As falas de Lula se somam a ruídos dentro do governo, que acabam prejudicando a comunicação com a população, segundo aliados.

Ministros anunciaram medidas que impactam e obtêm apoio popular, para depois recuarem, pois as ações não haviam sido debatidas suficientemente com o Planalto, não tinham recebido aval do mandatário e algumas nem tinham ainda os meios para serem efetivadas.

Lula cunhou os episódios de "genialidades", ao repreender seu primeiro escalão durante uma reunião, cujo discurso de abertura foi televisionado.

O chefe do Executivo afirmou que não quer "propostas de ministros", mas de governo e pediu que não anunciassem políticas públicas que não tenham sido apresentadas e recebido o aval da Casa Civil.

O caso mais notório foi o plano do ministro Márcio França (Portos e Aeroportos), que anunciou em uma entrevista um programa para oferecer passagens aéreas a R$ 200 para aposentados, estudantes e funcionários públicos.

A medida teria um grande apelo, em particular com a classe média, que viu o aumento dos preços das passagens e passou a frequentar menos os aeroportos. No entanto, sem detalhes sobre como seria financiada, passou a ser bombardeada por especialistas e pelo setor.
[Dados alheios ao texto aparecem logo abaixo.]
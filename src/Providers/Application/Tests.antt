-- ===== src/Providers/Application/Tests.antt =====
-- A detailer applies, is approved and suspended.
use raycarwash_project.Base.{ℕ, ◌≡◌, refl, Bool, true, false, none, some, List, [], ◌∷◌, map, All}
use raycarwash_project.Store.{http, ok, err}
use raycarwash_project.Providers.Verification.{VerificationStatus, not_submitted, rejected}
use raycarwash_project.Providers.Application.{
  ProviderProfile, ApplicationDb, detailer, draft, application_approved, pilot, paused,
  ActivateRequest, activate,
}
use raycarwash_project.Providers.Application.Requests.{
  UpdateRequest, update, submit_application, set_accepting_bookings, missing,
}
use raycarwash_project.Providers.Application.Decisions.{
  approve_detailer, suspend_detailer, approve_verification, reject_verification,
}
use raycarwash_project.Providers.Application.Steps.{
  ApplicationStep, activates, updates, submits, sets_accepting, approves, suspends, verifies,
  rejects, serve_all,
}
use raycarwash_project.Providers.Application.Complete.{Complete}
use raycarwash_project.Providers.Application.Kept.{serve_all-Complete}

abbrev nobody : ApplicationDb
nobody = record {
  next_id = 10;
  roles = record { id = 3; name = "detailer"; is_system = true; is_deleted = false } ∷ [];
  user_roles = [];
  cities =
      record { code = 7; status = pilot; is_deleted = false }
      ∷ record { code = 8; status = paused; is_deleted = false }
      ∷ [];
  profiles = [];
  audit = [];
}

abbrev a_body : ActivateRequest
a_body = record { business_name = "Ray"; display_name = none; service_radius_miles = 25 }

-- what the identity check has left on the draft
abbrev a_draft : ProviderProfile
a_draft = record {
  id = 5;
  user_id = 1;
  provider_type = detailer;
  business_name = "Ray";
  display_name = none;
  legal_full_name = some "Ray Doe";
  date_of_birth = some 9000;
  ssn_last_4 = none;
  home_city_code = none;
  service_radius_miles = 25;
  water_tank_gallons = none;
  services_offered = none;
  background_check_consent = true;
  application_status = draft;
  verification_status = not_submitted;
  verification_submitted_at = none;
  verification_reviewed_at = none;
  rejection_reason = none;
  is_active = false;
  is_deleted = false;
}

abbrev one_draft : ApplicationDb
one_draft = record nobody { profiles = a_draft ∷ [] }

abbrev with_tank : ℕ → UpdateRequest
with_tank gallons = record {
  business_name = none;
  display_name = none;
  service_radius_miles = none;
  ssn_last_4 = some 1234;
  home_city_code = some 7;
  water_tank_gallons = some gallons;
  services_offered = some ("soap" ∷ []);
}

-- A detailer who uses the customer's water (0 gallons) cannot submit.
no_tank_refused :
    let d = (update 1 (with_tank 0) one_draft).1 in
    ((update 1 (with_tank 0) one_draft).0 ≡ ok tt)
    × (((submit_application 99 1 d).0 ≡ err (http 422))
        × (map missing d.profiles ≡ ("Water tank size" ∷ []) ∷ []))
unfolding update submit_application missing
no_tank_refused = (refl, (refl, refl))

-- a city that does not take detailers now
paused_city :
    (update 1 (record (with_tank 40) { home_city_code = some 8 }) one_draft).0 ≡ err (http 422)
unfolding update
paused_city = refl

abbrev career : List ApplicationStep
career =
    activates 2 a_body
    ∷ updates 1 (with_tank 40)
    ∷ submits 99 1
    ∷ approves 100 5 9 ""
    ∷ suspends 101 5 9 "late"
    ∷ approves 102 5 9 ""
    ∷ []

served :
    map (λ (p : ProviderProfile). p.application_status) (serve_all career one_draft).profiles
    ≡ application_approved ∷ draft ∷ []
unfolding activate update submit_application approve_detailer suspend_detailer missing
served = refl

-- A profile that accepts bookings goes on doing so when its identity is rejected.
rejected_accepts :
    map {B = Bool × VerificationStatus}
      (λ (p : ProviderProfile). (p.is_active, p.verification_status))
      (serve_all
        (verifies 1 5 9 "" ∷ sets_accepting 1 true ∷ rejects 2 5 9 "forged" ∷ [])
        one_draft).profiles
    ≡ (true, rejected) ∷ []
unfolding approve_verification set_accepting_bookings reject_verification
rejected_accepts = refl

not_verified : (set_accepting_bookings 1 true one_draft).0 ≡ err (http 403)
unfolding set_accepting_bookings
not_verified = refl

drafted : All Complete one_draft.profiles
drafted = ((λ late. absurd (cc late)), tt)

serve_all-Complete_example : All Complete (serve_all career one_draft).profiles
serve_all-Complete_example = serve_all-Complete career one_draft drafted
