-- ===== src/Providers/Verification/Decisions.antt =====
-- What administrators decide on an identity: approve_verification and reject_verification of
-- backend/domains/admin/repository.py and backend/domains/admin/router.py. The audit log is not modelled.
use Prim.Native.String.{String}
use raycarwash_project.Base.{ℕ, Bool, Option, none, some, ◌==◌, if◌then◌else◌, any}
use raycarwash_project.Store.{http, Result, ok, err}
use raycarwash_project.Providers.Verification.{
  VerificationStatus, approved, rejected, ProviderProfile, ProviderDb, save,
}

abbrev pub has_id : ℕ → ProviderProfile → Bool
has_id id p = p.id == id

abbrev pub decided : VerificationStatus → Option String → ℕ → ProviderProfile → ProviderProfile
decided status reason now p = record p {
  verification_status = status;
  verification_reviewed_at = some now;
  rejection_reason = reason;
}

-- `UPDATE provider_profiles ... WHERE id`, and 404 when its rowcount is 0
abbrev pub decide :
    ℕ → (ProviderProfile → ProviderProfile) → ProviderDb → Result (Unit {0}) × ProviderDb
decide id change d =
    if any (has_id id) d.profiles then (ok tt, save (has_id id) change d) else (err (http 404), d)

unfoldable pub approve_verification : ℕ → ℕ → ProviderDb → Result (Unit {0}) × ProviderDb
approve_verification now id d = decide id (decided approved none now) d

unfoldable pub reject_verification : ℕ → ℕ → String → ProviderDb → Result (Unit {0}) × ProviderDb
reject_verification now id reason d = decide id (decided rejected (some reason) now) d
Outro caso foi o da redução do teto do juro do consignado, anunciada e executada pelo ministro Carlos Lupi (Trabalho e Previdência) de forma errada, segundo o próprio presidente, sem discutir com a equipe econômica e o núcleo político do governo e com os bancos.

Como a Folha de S.Paulo mostrou, o episódio ocorreu em meio a ruídos no governo. Enquanto Lupi entendeu que havia conseguido aval de Lula, o 'ok' era para que ele estruturasse melhor a proposta, dialogasse com bancos e a Fazenda.

Após esses episódios, a Secom (Secretaria de Comunicação da Presidência) passou então a realizar reuniões com as comunicações e chefes de gabinete dos ministérios, de forma a unificar o discurso e centralizar os anúncios.

Apesar dos tropeços, o governo Lula 3 representou a volta da comunicação institucional no Executivo federal. A nova gestão da Secretaria de Comunicação, hoje sob a tutela de Paulo Pimenta, reestruturou a pasta e retomou o diálogo com a imprensa profissional.

Durante o governo do antecessor, Jair Bolsonaro (PL), a regra era a de não responder à imprensa.